*** RECORDS
-- ===== src/Ledger/Effects.antt =====
-- What takes effect, and the effects of events, in `derive` of
-- crates/cc-ledger/src/v1/authority.rs, on a governed ledger.
use clockchain.Prelude.{
  ℕ, zero, suc, ◌≡◌, refl, ◌∙◌, sym, inl, inr, Bool, true, false, not, ◌&&◌, ◌||◌, Option, some,
  List, [], ◌∷◌, length, arith, ◌==◌, Bool-cases, nat_key,
}
use clockchain.Prelude.Table.{lookup, contains_key}
use clockchain.Prelude.Ordered.{map_insert, lookup-map_insert, set_contains}
use clockchain.Wire.{Hash}
use clockchain.Wire.Signed.{Crypto}
use clockchain.Ledger.{Events}
use clockchain.Ledger.Authority.{
  Effect, Lineages, Revocations, any_of, filter_of, set_union, keys, covers, outside, and_then,
  signer,
}
use clockchain.Ledger.Derive.{
  depth, is_none, cancellations, buried, negated, relinquishes, takes_effect, effective_from,
  effect_by, effects_from,
}
use clockchain.Ledger.Order.{Held, key_held}
use clockchain.Ledger.Rulings.{ranked, CancelsOpposed, cancellations_from-Returns}
use clockchain.Ledger.Totals.{
  Returns, IsTraced, set_contains-union, set_contains-keys, filter_of-Returns, any_of-Returns,
  and_then-Returns, covers-Returns, outside-Returns, AreRevokes, controls_of-Returns,
}

negated-Returns : (a : Option Bool) → Returns a → Returns (negated a)
negated-Returns a (b, eq) = (not b, rw eq refl)

module _ {SecretKey : Type 0} (crypto : Crypto SecretKey) (valid : Events) (revokes : Revocations)
    (l : Lineages) (t : IsTraced crypto valid revokes l) where
  pub cancellations-Returns :
      (effective : List Hash) (order : List (ℕ × Hash))
      → AreRevokes crypto valid revokes l t effective
      → ((g : Hash) → set_contains g (ranked order) ≡ true → contains_key g l.grants ≡ true)
      → (canceled : List (Hash × List Hash)) × (cancellations valid revokes l order effective
          ≡ some canceled)
        × CancelsOpposed crypto valid revokes l t effective (ranked order) canceled
  unfolding cancellations
  cancellations-Returns effective order all known =
      let (c, eq, _, rules) =
        cancellations_from-Returns crypto valid revokes l t effective order [] all known in
      (c, eq, rules)

  key_known : (r : Hash) → set_contains r (keys revokes) ≡ true → contains_key r revokes ≡ true
  key_known r m = sym (set_contains-keys r revokes) ∙ m

  relinquishes-Returns :
      (r : Hash) → contains_key r revokes ≡ true → Returns (relinquishes crypto valid revokes l r)
  unfolding relinquishes
  relinquishes-Returns r known =
      let ((target, cascade), held) = key_held r revokes known in
      let (e, p, e_held, _, _) = t.revoking r known in
      let (grant, g_held) = key_held target l.grants (t.targets r target cascade held) in
      let own = signer crypto r e == target in
      elim (Bool-cases own) [
        | inl same ↦ (is_none grant.issuer, rw held (rw e_held (rw (same, g_held) refl)))
        | inr other ↦ (false, rw held (rw e_held (rw other refl)))
      ]

  pub relinquished-AreRevokes :
      (ys : List Hash) × (filter_of (relinquishes crypto valid revokes l) (keys revokes) ≡ some ys)
      × AreRevokes crypto valid revokes l t ys
  relinquished-AreRevokes =
      let (ys, eq, keeps) =
        filter_of-Returns (relinquishes crypto valid revokes l) (keys revokes)
          (λ r m. relinquishes-Returns r (key_known r m)) in
      (ys, eq, λ r m. key_known r ((keeps r).0 m).0)

  takes_effect-Returns :
      (d : ℕ) (relinquished : List Hash) (canceled : List (Hash × List Hash))
      (effective : List Hash) (r : Hash)
      → AreRevokes crypto valid revokes l t effective
      → contains_key r revokes ≡ true
      → Returns (takes_effect crypto valid revokes l d relinquished canceled effective r)
  unfolding takes_effect depth
  takes_effect-Returns d relinquished canceled effective r all known =
      let (e, p, e_held, _, _) = t.revoking r known in
      let path = t.signers r e e_held in
      let (steps, at_) = key_held (signer crypto r e) l.lineage path in
      let test =
        λ (q : Hash). and_then (covers revokes l q (signer crypto r e)) (outside valid l r q) in
      let (b, b_eq, _) = any_of-Returns test effective (λ q m.
        and_then-Returns (covers revokes l q (signer crypto r e)) (outside valid l r q)
          (covers-Returns crypto valid revokes l t q (signer crypto r e) (all q m) path)
          (outside-Returns crypto valid revokes l t r q (all q m))) in
      let (c, c_eq) =
        and_then-Returns
          (some (
            length steps == d
            && (not (set_contains r relinquished)
                && not (contains_key (signer crypto r e) canceled))))
          (negated (any_of test effective)) (_, refl)
          (negated-Returns (any_of test effective) (b, b_eq)) in
      (c, rw e_held (rw at_ c_eq))

  pub effective_from-Returns :
      (more d : ℕ) (order : List (ℕ × Hash)) (relinquished effective : List Hash)
      → AreRevokes crypto valid revokes l t effective
      → ((g : Hash) → set_contains g (ranked order) ≡ true → contains_key g l.grants ≡ true)
      → (ys : List Hash) × (effective_from crypto valid revokes l more d order relinquished
            effective
          ≡ some ys)
        × AreRevokes crypto valid revokes l t ys
  unfolding effective_from
  effective_from-Returns zero d order relinquished effective all known = (effective, refl, all)
  effective_from-Returns (suc more) d order relinquished effective all known =
      let (canceled, c_eq, _) = cancellations-Returns effective order all known in
      let (batch, b_eq, keeps) =
        filter_of-Returns (takes_effect crypto valid revokes l d relinquished canceled effective)
          (keys revokes)
          (λ r m. takes_effect-Returns d relinquished canceled effective r all (key_known r m)) in
      let (ys, eq, all') =
        effective_from-Returns more (suc d) order relinquished (set_union effective batch)
          (λ r m.
            let merged = set_contains-union r effective batch in
            elim (Bool-cases (set_contains r effective)) [
              | inl old ↦ all r old
              | inr new ↦ key_known r ((keeps r).0 (ground (arith, merged, m, new))).0
            ])
          known in
      (ys, rw c_eq (rw b_eq eq), all')

  -- A grant that is not buried is covered by no effective revocation.
  pub buried-Returns :
      (effective : List Hash) (g : Hash)
      → AreRevokes crypto valid revokes l t effective
      → contains_key g l.lineage ≡ true
      → (b : Bool) × (buried revokes l effective g ≡ some b)
        × (b ≡ false
            → (r : Hash) → set_contains r effective ≡ true
            → covers revokes l r g ≡ some false)
  unfolding buried
  buried-Returns effective g all path =
      any_of-Returns (λ r. covers revokes l r g) effective
        (λ r m. covers-Returns crypto valid revokes l t r g (all r m) path)

  -- Every event gets an effect.
  pub effects_from-Returns :
      (relinquished : List Hash) (canceled : List (Hash × List Hash)) (effective : List Hash)
      (events : Events) (out : List (Hash × Effect))
      → AreRevokes crypto valid revokes l t effective
      → Held valid events
      → (effects : List (Hash × Effect)) × (effects_from crypto valid revokes l relinquished
            canceled effective events out
          ≡ some effects)
        × ((x : Hash)
            → (contains_key x out || contains_key x events) ≡ true
            → contains_key x effects ≡ true)
  unfolding effects_from lookup
  effects_from-Returns relinquished canceled effective [] out all held =
      (out, refl, λ x m. ground (arith, m))
  effects_from-Returns relinquished canceled effective ((id, e) ∷ events) out all held =
      let path = t.signers id e held.0 in
      let (controls, eq, _) =
        controls_of-Returns crypto valid revokes l t effective (signer crypto id e) id all path in
      let effect = effect_by relinquished canceled id (signer crypto id e) controls in
      let (effects, eq', every) =
        effects_from-Returns relinquished canceled effective events (map_insert id effect out) all
          held.1 in
      (
        effects,
        rw (eq, effects_from) eq',
        λ x m. every x (ground (arith, lookup-map_insert id x effect out, m)),
      )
******
WHAT THIS TASK INVOLVES: Take the entries above and transcribe them exactly.

WRITTEN RESPONSE:
-- ===== src/Ledger/Effects.antt =====
-- What takes effect, and the effects of events, in `derive` of
-- crates/cc-ledger/src/v1/authority.rs, on a governed ledger.
use clockchain.Prelude.{
  ℕ, zero, suc, ◌≡◌, refl, ◌∙◌, sym, inl, inr, Bool, true, false, not, ◌&&◌, ◌||◌, Option, some,
  List, [], ◌∷◌, length, arith, ◌==◌, Bool-cases, nat_key,
}
use clockchain.Prelude.Table.{lookup, contains_key}
use clockchain.Prelude.Ordered.{map_insert, lookup-map_insert, set_contains}
use clockchain.Wire.{Hash}
use clockchain.Wire.Signed.{Crypto}
use clockchain.Ledger.{Events}
use clockchain.Ledger.Authority.{
  Effect, Lineages, Revocations, any_of, filter_of, set_union, keys, covers, outside, and_then,
  signer,
}
use clockchain.Ledger.Derive.{
  depth, is_none, cancellations, buried, negated, relinquishes, takes_effect, effective_from,
  effect_by, effects_from,
}
use clockchain.Ledger.Order.{Held, key_held}
use clockchain.Ledger.Rulings.{ranked, CancelsOpposed, cancellations_from-Returns}
use clockchain.Ledger.Totals.{
  Returns, IsTraced, set_contains-union, set_contains-keys, filter_of-Returns, any_of-Returns,
  and_then-Returns, covers-Returns, outside-Returns, AreRevokes, controls_of-Returns,
}

negated-Returns : (a : Option Bool) → Returns a → Returns (negated a)
negated-Returns a (b, eq) = (not b, rw eq refl)

module _ {SecretKey : Type 0} (crypto : Crypto SecretKey) (valid : Events) (revokes : Revocations)
    (l : Lineages) (t : IsTraced crypto valid revokes l) where
  pub cancellations-Returns :
      (effective : List Hash) (order : List (ℕ × Hash))
      → AreRevokes crypto valid revokes l t effective
      → ((g : Hash) → set_contains g (ranked order) ≡ true → contains_key g l.grants ≡ true)
      → (canceled : List (Hash × List Hash)) × (cancellations valid revokes l order effective
          ≡ some canceled)
        × CancelsOpposed crypto valid revokes l t effective (ranked order) canceled
  unfolding cancellations
  cancellations-Returns effective order all known =
      let (c, eq, _, rules) =
        cancellations_from-Returns crypto valid revokes l t effective order [] all known in
      (c, eq, rules)

  key_known : (r : Hash) → set_contains r (keys revokes) ≡ true → contains_key r revokes ≡ true
  key_known r m = sym (set_contains-keys r revokes) ∙ m

  relinquishes-Returns :
      (r : Hash) → contains_key r revokes ≡ true → Returns (relinquishes crypto valid revokes l r)
  unfolding relinquishes
  relinquishes-Returns r known =
      let ((target, cascade), held) = key_held r revokes known in
      let (e, p, e_held, _, _) = t.revoking r known in
      let (grant, g_held) = key_held target l.grants (t.targets r target cascade held) in
      let own = signer crypto r e == target in
      elim (Bool-cases own) [
        | inl same ↦ (is_none grant.issuer, rw held (rw e_held (rw (same, g_held) refl)))
        | inr other ↦ (false, rw held (rw e_held (rw other refl)))
      ]

  pub relinquished-AreRevokes :
      (ys : List Hash) × (filter_of (relinquishes crypto valid revokes l) (keys revokes) ≡ some ys)
      × AreRevokes crypto valid revokes l t ys
  relinquished-AreRevokes =
      let (ys, eq, keeps) =
        filter_of-Returns (relinquishes crypto valid revokes l) (keys revokes)
          (λ r m. relinquishes-Returns r (key_known r m)) in
      (ys, eq, λ r m. key_known r ((keeps r).0 m).0)

  takes_effect-Returns :
      (d : ℕ) (relinquished : List Hash) (canceled : List (Hash × List Hash))
      (effective : List Hash) (r : Hash)
      → AreRevokes crypto valid revokes l t effective
      → contains_key r revokes ≡ true
      → Returns (takes_effect crypto valid revokes l d relinquished canceled effective r)
  unfolding takes_effect depth
  takes_effect-Returns d relinquished canceled effective r all known =
      let (e, p, e_held, _, _) = t.revoking r known in
      let path = t.signers r e e_held in
      let (steps, at_) = key_held (signer crypto r e) l.lineage path in
      let test =
        λ (q : Hash). and_then (covers revokes l q (signer crypto r e)) (outside valid l r q) in
      let (b, b_eq, _) = any_of-Returns test effective (λ q m.
        and_then-Returns (covers revokes l q (signer crypto r e)) (outside valid l r q)
          (covers-Returns crypto valid revokes l t q (signer crypto r e) (all q m) path)
          (outside-Returns crypto valid revokes l t r q (all q m))) in
      let (c, c_eq) =
        and_then-Returns
          (some (
            length steps == d
            && (not (set_contains r relinquished)
                && not (contains_key (signer crypto r e) canceled))))
          (negated (any_of test effective)) (_, refl)
          (negated-Returns (any_of test effective) (b, b_eq)) in
      (c, rw e_held (rw at_ c_eq))

  pub effective_from-Returns :
      (more d : ℕ) (order : List (ℕ × Hash)) (relinquished effective : List Hash)
      → AreRevokes crypto valid revokes l t effective
      → ((g : Hash) → set_contains g (ranked order) ≡ true → contains_key g l.grants ≡ true)
      → (ys : List Hash) × (effective_from crypto valid revokes l more d order relinquished
            effective
          ≡ some ys)
        × AreRevokes crypto valid revokes l t ys
  unfolding effective_from
  effective_from-Returns zero d order relinquished effective all known = (effective, refl, all)
  effective_from-Returns (suc more) d order relinquished effective all known =
      let (canceled, c_eq, _) = cancellations-Returns effective order all known in
      let (batch, b_eq, keeps) =
        filter_of-Returns (takes_effect crypto valid revokes l d relinquished canceled effective)
          (keys revokes)
          (λ r m. takes_effect-Returns d relinquished canceled effective r all (key_known r m)) in
      let (ys, eq, all') =
        effective_from-Returns more (suc d) order relinquished (set_union effective batch)
          (λ r m.
            let merged = set_contains-union r effective batch in
            elim (Bool-cases (set_contains r effective)) [
              | inl old ↦ all r old
              | inr new ↦ key_known r ((keeps r).0 (ground (arith, merged, m, new))).0
            ])
          known in
      (ys, rw c_eq (rw b_eq eq), all')

  -- A grant that is not buried is covered by no effective revocation.
  pub buried-Returns :
      (effective : List Hash) (g : Hash)
      → AreRevokes crypto valid revokes l t effective
      → contains_key g l.lineage ≡ true
      → (b : Bool) × (buried revokes l effective g ≡ some b)
        × (b ≡ false
            → (r : Hash) → set_contains r effective ≡ true
            → covers revokes l r g ≡ some false)
  unfolding buried
  buried-Returns effective g all path =
      any_of-Returns (λ r. covers revokes l r g) effective
        (λ r m. covers-Returns crypto valid revokes l t r g (all r m) path)

  -- Every event gets an effect.
  pub effects_from-Returns :
      (relinquished : List Hash) (canceled : List (Hash × List Hash)) (effective : List Hash)
      (events : Events) (out : List (Hash × Effect))
      → AreRevokes crypto valid revokes l t effective
      → Held valid events
      → (effects : List (Hash × Effect)) × (effects_from crypto valid revokes l relinquished
            canceled effective events out
          ≡ some effects)
        × ((x : Hash)
            → (contains_key x out || contains_key x events) ≡ true
            → contains_key x effects ≡ true)
  unfolding effects_from lookup
  effects_from-Returns relinquished canceled effective [] out all held =
      (out, refl, λ x m. ground (arith, m))
  effects_from-Returns relinquished canceled effective ((id, e) ∷ events) out all held =
      let path = t.signers id e held.0 in
      let (controls, eq, _) =
        controls_of-Returns crypto valid revokes l t effective (signer crypto id e) id all path in
      let effect = effect_by relinquished canceled id (signer crypto id e) controls in
      let (effects, eq', every) =
        effects_from-Returns relinquished canceled effective events (map_insert id effect out) all
          held.1 in
      (
        effects,
        rw (eq, effects_from) eq',
        λ x m. every x (ground (arith, lookup-map_insert id x effect out, m)),
      )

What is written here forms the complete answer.